Novità in tema di diritto all'oblio e tutela dei dati personali
Il nostro Studio si è spesso occupato delle doglianze di clienti relative a informazioni, articoli o immagini reperibili in rete, aventi contenuto inesatto, obsoleto, non aggiornato o potenzialmente lesivo.
Infatti, in tali casi, ai sensi dell’art. 17 del Regolamento (UE) 2016/679 (GDPR) e della nota Sentenza C 131/12 del 13.5.2014 della Corte di giustizia europea è possibile richiedere, rispettivamente, la cancellazione o rettifica ai siti web e ai titolari delle riviste/blog e la deindicizzazione dei relativi URL ai gestori dei motori di ricerca, facendo valere il diritto dell’interessato a non essere più menzionato e a non vedere più il suo nome accostato a informazioni "inesatte, inadeguate, irrilevanti o eccessive", con pieno ripristino della propria reputazione.
La Corte di Giustizia Europea si è di recente pronunciata di nuovo, in un caso contro Google, ampliando la tutela offerta al soggetto che lamenti un illecito utilizzo e conservazione dei propri dati personali.
Con la sentenza C 460/20, la Corte ha ribadito, che, anche in un’ottica di bilanciamento con il diritto di informazione, i diritti dell’interessato alla protezione della vita privata e alla protezione dei dati personali prevalgono, di regola, sul legittimo interesse degli utenti di Internet potenzialmente interessati ad avere accesso all’informazione in questione. Tale equilibrio può nondimeno dipendere dalle circostanze rilevanti di ciascun caso, in particolare dalla natura dell’informazione di cui trattasi e dal suo carattere sensibile per la vita privata dell’interessato, nonché dall’interesse del pubblico a disporre di tale informazione, a seconda del ruolo che tale persona riveste nella vita pubblica.
Il diritto alla libertà d’espressione e di informazione viene però meno, nel bilanciamento, allorché una parte delle informazioni incluse nel contenuto indicizzato si riveli inesatta e con una importanza rilevante.
Secondo la Corte spetta al soggetto interessato dimostrare l’inesattezza manifesta delle informazioni o, quanto meno, di una parte di esse che non abbia un’importanza minore. Tuttavia, al fine di evitare di far gravare un onere eccessivo idoneo a minare l’effetto utile del diritto alla deindicizzazione, esso è tenuto a fornire gli elementi di prova che si può ragionevolmente richiedergli di cercare. Ne deriva che, il soggetto non è tenuto, in linea di principio, a produrre, fin dalla fase precontenziosa, una decisione giurisdizionale favorevole contro l’editore del sito Internet che contiene l’articolo o l’informazione.

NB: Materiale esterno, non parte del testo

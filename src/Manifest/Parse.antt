-- ===== src/Manifest/Parse.antt =====
-- What `gb_manifest_parse` promises: it ends, and it sets an interface up or leaves it as it was.
use motorola_external_greybu.Prelude.{
  ℕ, zero, suc, ◌+◌, ◌-◌, ◌≡◌, ◌≢◌, ◌⊎◌, inl, inr, refl, sym, ap, Bool, true, false, Option, none,
  some, List, [], ◌∷◌, arith, All, subst, Option-cases, Bool-cases, ◌∙◌, ◌==◌, ltb, length,
  if◌then◌else◌,
}
use motorola_external_greybu.Prelude.Errno.{Errno}
use motorola_external_greybu.Connection.{Connection, is_some_eq}
use motorola_external_greybu.Manifest.Defs.{
  Desc, Bundle, Intf, release, release_ids, le16, Scan, done, refused, stuck, scan, Identified,
  consumed, failed, identify, expected_size,
}
use motorola_external_greybu.Manifest.Steps.{string_get, find_string, parse_bundles}
use motorola_external_greybu.Manifest.Main.{
  to_string, is_err, count_interfaces, first_interface, parse_interface, finish, parse_descs, parse,
}
use motorola_external_greybu.Manifest.Identify.{scan-ne-stuck}
use motorola_external_greybu.Manifest.Cports.{foreign, HdInv, Owned, no-bundles}
use motorola_external_greybu.Manifest.Bundles.{Ended, parse_bundles-Ended}

-- Two states with the same bundles and connections.
abbrev pub Same : Intf → Intf → Type 0
Same s s' =
    (s'.number ≡ s.number) × (s'.bundles ≡ s.bundles) × (s'.hd.connections ≡ s.hd.connections)

string_get-Same :
    (mem : ℕ → ℕ) (alloc : ℕ → Bool) (s : Intf) (id : ℕ) → Same s (string_get mem alloc s id).0
unfolding string_get
string_get-Same mem alloc s id = elim (Bool-cases (id == 0)) [
  | inl z ↦ rw z (refl, refl, refl)
  | inr z ↦ elim (Option-cases (find_string mem s.manifest_descs id)) [
    | inl e ↦ rw (z, e) (refl, refl, refl)
    | inr (d, e) ↦ elim (Bool-cases (alloc s.hd.next_alloc)) [
      | inl a ↦ rw (z, e, a) (refl, refl, refl)
      | inr a ↦ rw (z, e, a) (refl, refl, refl)
    ]
  ]
]

-- A failed first pass adds descriptors at most.
ScanSame : Intf → Scan → Type 0
ScanSame s (done s') = Same s s'
ScanSame s (refused s') = Same s s'
ScanSame s stuck = Unit

identify-Same :
    (mem : ℕ → ℕ) (alloc : ℕ → Bool) (s : Intf) (a size : ℕ) {t : Intf}
    → ((n : ℕ) × (identify mem alloc s a size ≡ consumed t n))
      ⊎ ((e : Errno) × (identify mem alloc s a size ≡ failed t e))
    → Same s t
unfolding identify
identify-Same mem alloc s a size {t} h = elim (Option-cases (expected_size mem a)) [
  | inl e ↦ ground arith
  | inr (x, e) ↦ ground arith
]

scan-Same :
    (mem : ℕ → ℕ) (alloc : ℕ → Bool) (fuel : ℕ) (s : Intf) (a size : ℕ)
    → ScanSame s (scan mem alloc fuel s a size)
unfolding scan ScanSame
scan-Same mem alloc zero s a size = elim (Bool-cases (size == 0)) [
  | inl z ↦ rw (z, ScanSame, scan) (refl, refl, refl)
  | inr z ↦ rw (z, ScanSame, scan) tt
]
scan-Same mem alloc (suc fuel) s a size = elim (Bool-cases (size == 0)) [
  | inl z ↦ rw (z, ScanSame, scan) (refl, refl, refl)
  | inr z ↦
      rw (z, ScanSame, scan)
        (go (identify mem alloc s a size) refl (λ t b m. scan-Same mem alloc fuel t b m))
]
  where
    trans : (t : Intf) (o : Scan) → Same s t → ScanSame t o → ScanSame s o
    trans t (done u) h k = (k.0 ∙ h.0, k.1 ∙ h.1, k.2 ∙ h.2)
    trans t (refused u) h k = (k.0 ∙ h.0, k.1 ∙ h.1, k.2 ∙ h.2)
    trans t stuck h k = tt

    go :
        (o : Identified)
        → identify mem alloc s a size ≡ o
        → ((t : Intf) (b m : ℕ) → ScanSame t (scan mem alloc fuel t b m))
        → ScanSame s (elim o [
          | failed t e ↦ refused t
          | consumed t n ↦ scan mem alloc fuel t (a + n) (size - n)
        ])
    go (failed t e) k ih = identify-Same mem alloc s a size (inr (e, k))
    go (consumed t n) k ih =
        trans t (scan mem alloc fuel t (a + n) (size - n))
          (identify-Same mem alloc s a size (inl (n, k))) (ih t (a + n) (size - n))

-- The outcome of the parsing. Success leaves a bundle at least, and no connection of the interface outside
-- its bundles; failure leaves no bundle, and the connections that were there before. The connections of
-- other interfaces stay in both cases.
abbrev pub Outcome : List Connection → ℕ → Option (Intf × Bool) → Type 0
Outcome others n none = ⊥
Outcome others n (some (s, true)) = (s.bundles ≢ []) × HdInv n s.bundles others s.hd
Outcome others n (some (s, false)) = (s.bundles ≡ []) × (s.hd.connections ≡ others)

-- None of the connections is one of this interface.
abbrev pub NoneOf : ℕ → List Connection → Type 0
NoneOf n cs = All (λ c. is_some_eq c.intf n ≡ false) cs

-- The state before any bundle is made.
abbrev Clean : List Connection → ℕ → Intf → Type 0
Clean others n s = (s.number ≡ n) × (s.bundles ≡ []) × (s.hd.connections ≡ others) × NoneOf n others

Same-Clean :
    (others : List Connection) (n : ℕ) (s t : Intf) → Same s t → Clean others n s → Clean others n t
Same-Clean others n s t h c = (h.0 ∙ c.0, h.1 ∙ c.1, h.2 ∙ c.2, c.3)

NoneOf-foreign : (n : ℕ) (cs : List Connection) → NoneOf n cs → foreign n cs ≡ cs
unfolding foreign
NoneOf-foreign n [] a = refl
NoneOf-foreign n (c ∷ cs) a = rw (a.0, foreign) (ap (◌∷◌ c) (NoneOf-foreign n cs a.1))

NoneOf-Owned : (n : ℕ) (cs : List Connection) → NoneOf n cs → All (Owned n []) cs
NoneOf-Owned n [] a = tt
NoneOf-Owned n (c ∷ cs) a = ((λ i. cc (a.0)), NoneOf-Owned n cs a.1)

Clean-HdInv :
    (others : List Connection) (n : ℕ) (s : Intf) → Clean others n s → HdInv n s.bundles others s.hd
Clean-HdInv others n s (m, b, c, a) = record {
  others_kept = ap (foreign n) c ∙ NoneOf-foreign n others a;
  owned =
      subst (λ l. All (Owned n l) s.hd.connections) (sym b)
        (subst (All (Owned n [])) (sym c) (NoneOf-Owned n others a));
}

Ended-Outcome :
    (others : List Connection) (n : ℕ) (o : Option (Intf × ℕ))
    → Ended n others o
    → Outcome others n (elim o [
      | none ↦ none
      | some (s5, k) ↦
          if k == 0
          then some (record s5 { product_string = none; vendor_string = none }, false)
          else some (s5, true)
    ])
Ended-Outcome others n none h = h
Ended-Outcome others n (some (s, k)) (l, v) = elim (Bool-cases (k == 0)) [
  | inl z ↦
      let e : s.bundles ≡ [] = no_length s.bundles (ground arith) in
      rw z (e, no-bundles n others s.hd (subst (λ b. HdInv n b others s.hd) e v))
  | inr z ↦ rw z ((λ e. absurd (ground (arith, ap length e))), v)
]
  where
    no_length : (bs : List Bundle) → length bs ≡ 0 → bs ≡ []
    no_length [] e = refl
    no_length (b ∷ bs) e = absurd (omega arith)

module _ (mem : ℕ → ℕ) (alloc : ℕ → Bool) (ida_get : List ℕ → ℕ → ℕ → Option ℕ)
    (others : List Connection) (n : ℕ) where
  parse_interface-Outcome :
      (s : Intf) (d : Desc)
      → Clean others n s
      → Outcome others n (parse_interface mem alloc ida_get s d)
  unfolding parse_interface
  parse_interface-Outcome s d c =
      let (s1, v) = string_get mem alloc s (mem d.start) in
      let c1 : Clean others n s1 =
        Same-Clean others n s s1 (string_get-Same mem alloc s (mem d.start)) c in
      elim (Bool-cases (is_err v)) [
        | inl e ↦ rw e (c1.1, c1.2)
        | inr e ↦
            let s2 : Intf = record s1 { vendor_string = to_string v } in
            let (s3, p) = string_get mem alloc s2 (mem (d.start + 1)) in
            let c3 : Clean others n s3 =
              Same-Clean others n s2 s3 (string_get-Same mem alloc s2 (mem (d.start + 1))) c1 in
            elim (Bool-cases (is_err p)) [
              | inl f ↦ rw (e, f) (c3.1, c3.2)
              | inr f ↦
                  let s4 : Intf = record s3 {
                    product_string = to_string p;
                    manifest_descs = release d.start s3.manifest_descs;
                  } in
                  rw (e, f)
                    (Ended-Outcome others n (parse_bundles mem alloc ida_get s4) (
                      subst (λ k. Ended k others (parse_bundles mem alloc ida_get s4)) c3.0
                        (parse_bundles-Ended mem alloc ida_get others s4 c3.1 (
                          subst (λ k. HdInv k s4.bundles others s4.hd) (sym c3.0)
                            (Clean-HdInv others n s4 c3)))))
            ]
      ]

  -- `finish` keeps the outcome, and releases all descriptors.
  finish-Outcome :
      (s : Intf) (b : Bool) → Outcome others n (some (s, b)) → Outcome others n (finish s b)
  unfolding finish
  finish-Outcome s true h = h
  finish-Outcome s false h = h

  parse_descs-Outcome :
      (s : Intf) → Clean others n s → Outcome others n (parse_descs mem alloc ida_get s)
  unfolding parse_descs
  parse_descs-Outcome s c = elim (Bool-cases (count_interfaces s.manifest_descs == 1)) [
    | inr e ↦ rw e (finish-Outcome s false (c.1, c.2))
    | inl e ↦ elim (Option-cases (first_interface s.manifest_descs)) [
      | inl f ↦ rw (e, f) (finish-Outcome s false (c.1, c.2))
      | inr (d, f) ↦
          rw (e, f) (go (parse_interface mem alloc ida_get s d) (parse_interface-Outcome s d c))
    ]
  ]
    where
      go :
          (o : Option (Intf × Bool))
          → Outcome others n o
          → Outcome others n (elim o [
            | none ↦ none
            | some (t, result) ↦
                finish (record t { manifest_descs = release_ids t.manifest_descs }) result
          ])
      go none h = h
      go (some (t, true)) h =
          finish-Outcome (record t { manifest_descs = release_ids t.manifest_descs }) true h
      go (some (t, false)) h =
          finish-Outcome (record t { manifest_descs = release_ids t.manifest_descs }) false h

-- `gb_manifest_parse` on an interface that has no descriptors, bundles or connections yet, with every
-- size, content of the buffer and outcome of the allocations: the parsing ends. If it returns true, the
-- interface has a bundle at least, every connection of the interface belongs to one of its bundles, and
-- the connections of other interfaces are as they were. If it returns false, there is no bundle, and the
-- host device's connections are those from before.
pub parse-Outcome :
    (mem : ℕ → ℕ) (alloc : ℕ → Bool) (ida_get : List ℕ → ℕ → ℕ → Option ℕ) (s : Intf) (size : ℕ)
    → s.manifest_descs ≡ []
    → s.bundles ≡ []
    → NoneOf s.number s.hd.connections
    → Outcome s.hd.connections s.number (parse mem alloc ida_get s size)
unfolding parse ScanSame
parse-Outcome mem alloc ida_get s size d b a =
    rw (d, parse)
      (elim (Bool-cases (ltb size 4)) [
        | inl e ↦ rw e (b, refl)
        | inr e ↦ elim (Bool-cases (le16 mem 0 == size)) [
          | inr f ↦ rw (e, f) (b, refl)
          | inl f ↦ elim (Bool-cases (ltb 0 (mem 2))) [
            | inl g ↦ rw (e, f, g) (b, refl)
            | inr g ↦
                rw (e, f, g)
                  (go (scan mem alloc (size - 4) s 4 (size - 4))
                    (scan-Same mem alloc (size - 4) s 4 (size - 4))
                    (scan-ne-stuck mem alloc (size - 4) s 4 (size - 4) (omega arith)))
          ]
        ]
      ])
  where
    go :
        (o : Scan)
        → ScanSame s o
        → o ≢ stuck
        → Outcome s.hd.connections s.number (elim o [
          | stuck ↦ none
          | refused s' ↦ finish s' false
          | done s' ↦ parse_descs mem alloc ida_get s'
        ])
    go stuck h k = k refl
    go (refused s') h k =
        finish-Outcome mem alloc ida_get s.hd.connections s.number s' false (h.1 ∙ b, h.2)
    go (done s') h k =
        parse_descs-Outcome mem alloc ida_get s.hd.connections s.number s' (h.0, h.1 ∙ b, h.2, a)
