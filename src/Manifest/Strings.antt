-- ===== src/Manifest/Strings.antt =====
-- An interface whose vendor and product are named by one string descriptor.
use motorola_external_greybu.Prelude.{
  ℕ, ◌+◌, ◌≡◌, ◌≢◌, ◌⊎◌, inl, inr, refl, Bool, true, false, Option, none, some, List, arith,
  Bool-cases,
}
use motorola_external_greybu.Manifest.Defs.{Desc, Intf, release}
use motorola_external_greybu.Manifest.Steps.{string_get, find_string}
use motorola_external_greybu.Manifest.Main.{to_string, is_err, parse_interface}

-- The outcome of `string_get` on an id that is not 0 and has a descriptor.
string_get-found :
    (mem : ℕ → ℕ) (alloc : ℕ → Bool) (s : Intf) (id : ℕ) (e : Desc)
    → id ≢ 0
    → find_string mem s.manifest_descs id ≡ some e
    → (is_err (string_get mem alloc s id).1 ≡ true)
      ⊎ ((is_err (string_get mem alloc s id).1 ≡ false)
          × ((string_get mem alloc s id).0.manifest_descs ≡ release e.start s.manifest_descs))
unfolding string_get is_err
string_get-found mem alloc s id e n f = elim (Bool-cases (alloc s.hd.next_alloc)) [
  | inl a ↦ rw (string_get, f, a) (ground arith)
  | inr a ↦ rw (string_get, f, a) (ground arith)
]

string_get-missing :
    (mem : ℕ → ℕ) (alloc : ℕ → Bool) (s : Intf) (id : ℕ)
    → id ≢ 0
    → find_string mem s.manifest_descs id ≡ none
    → is_err (string_get mem alloc s id).1 ≡ true
unfolding string_get is_err
string_get-missing mem alloc s id n f = ground arith

-- A manifest in which the vendor and the product have the same string, not 0, that one descriptor holds,
-- is refused whatever else it has: the descriptor is released when the vendor's string is taken.
pub same_string-refused :
    (mem : ℕ → ℕ) (alloc : ℕ → Bool) (ida_get : List ℕ → ℕ → ℕ → Option ℕ) (s : Intf) (d e : Desc)
    → mem d.start ≢ 0
    → mem (d.start + 1) ≡ mem d.start
    → find_string mem s.manifest_descs (mem d.start) ≡ some e
    → find_string mem (release e.start s.manifest_descs) (mem d.start) ≡ none
    → (s' : Intf) × (parse_interface mem alloc ida_get s d ≡ some (s', false))
unfolding parse_interface
same_string-refused mem alloc ida_get s d e n same f g =
    elim (string_get-found mem alloc s (mem d.start) e n f) [
      | inl x ↦ ((string_get mem alloc s (mem d.start)).0, rw x refl)
      | inr (x, l) ↦
          let s2 : Intf = record (string_get mem alloc s (mem d.start)).0 {
            vendor_string = to_string (string_get mem alloc s (mem d.start)).1;
          } in
          (
            record (string_get mem alloc s2 (mem (d.start + 1))).0 { vendor_string = none },
            rw (x, string_get-missing mem alloc s2 (mem (d.start + 1)) (rw same n) (rw (same, l) g))
                refl,
          )
    ]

Dunque è bastevole che la persona che richiede la deindicizzazione presenti al gestore del motore di ricerca elementi di prova pertinenti e sufficienti, idonei a corroborare la sua richiesta e atti a dimostrare il carattere manifestamente inesatto delle informazioni incluse nel contenuto indicizzato. Se ciò avviene, il gestore del motore di ricerca è tenuto ad accogliere tale domanda.
La Corte impone, inoltre, al gestore del motore di ricerca avverta gli utenti di Internet dell’esistenza di un procedimento amministrativo o giurisdizionale vertente sull’asserito carattere inesatto di un contenuto, sempre che esso sia stato informato di tale procedimento.
Sempre con tale sentenza, è stata affrontata la questione delle visualizzazioni di foto della persona interessata in forma di miniature («thumbnails»), a seguito di una ricerca per nome.
La Corte ha stabilito che si tratta di un’ingerenza particolarmente significativa nei diritti alla tutela della vita privata delle persone.
Il gestore di un motore di ricerca, quando riceve una richiesta di deindicizzazione riguardante questo tipo di foto, deve verificare se la visualizzazione delle fotografie in questione sia necessaria per l’esercizio del diritto alla libertà di informazione degli utenti di Internet potenzialmente interessati ad avere accesso a tali foto. Anche qui si impone un bilanciamento distinto dei diritti e degli interessi concorrenti.
Ci sono due ipotesi: a) quando sono in discussione articoli corredati di fotografie che, inserite nel loro contesto originale, illustrano le informazioni fornite in tali articoli e le opinioni ivi espresse; b) quando si tratta di foto visualizzate in forma di miniature nell’elenco di risultati di un motore di ricerca, al di fuori del contesto nel quale esse sono state pubblicate nella pagina Internet originaria.
Ebbene, per la Corte di Giustizia occorre tener conto del valore informativo di per sé, senza prendere in considerazione il contesto della pubblicazione nella pagina Internet da cui sono estratte.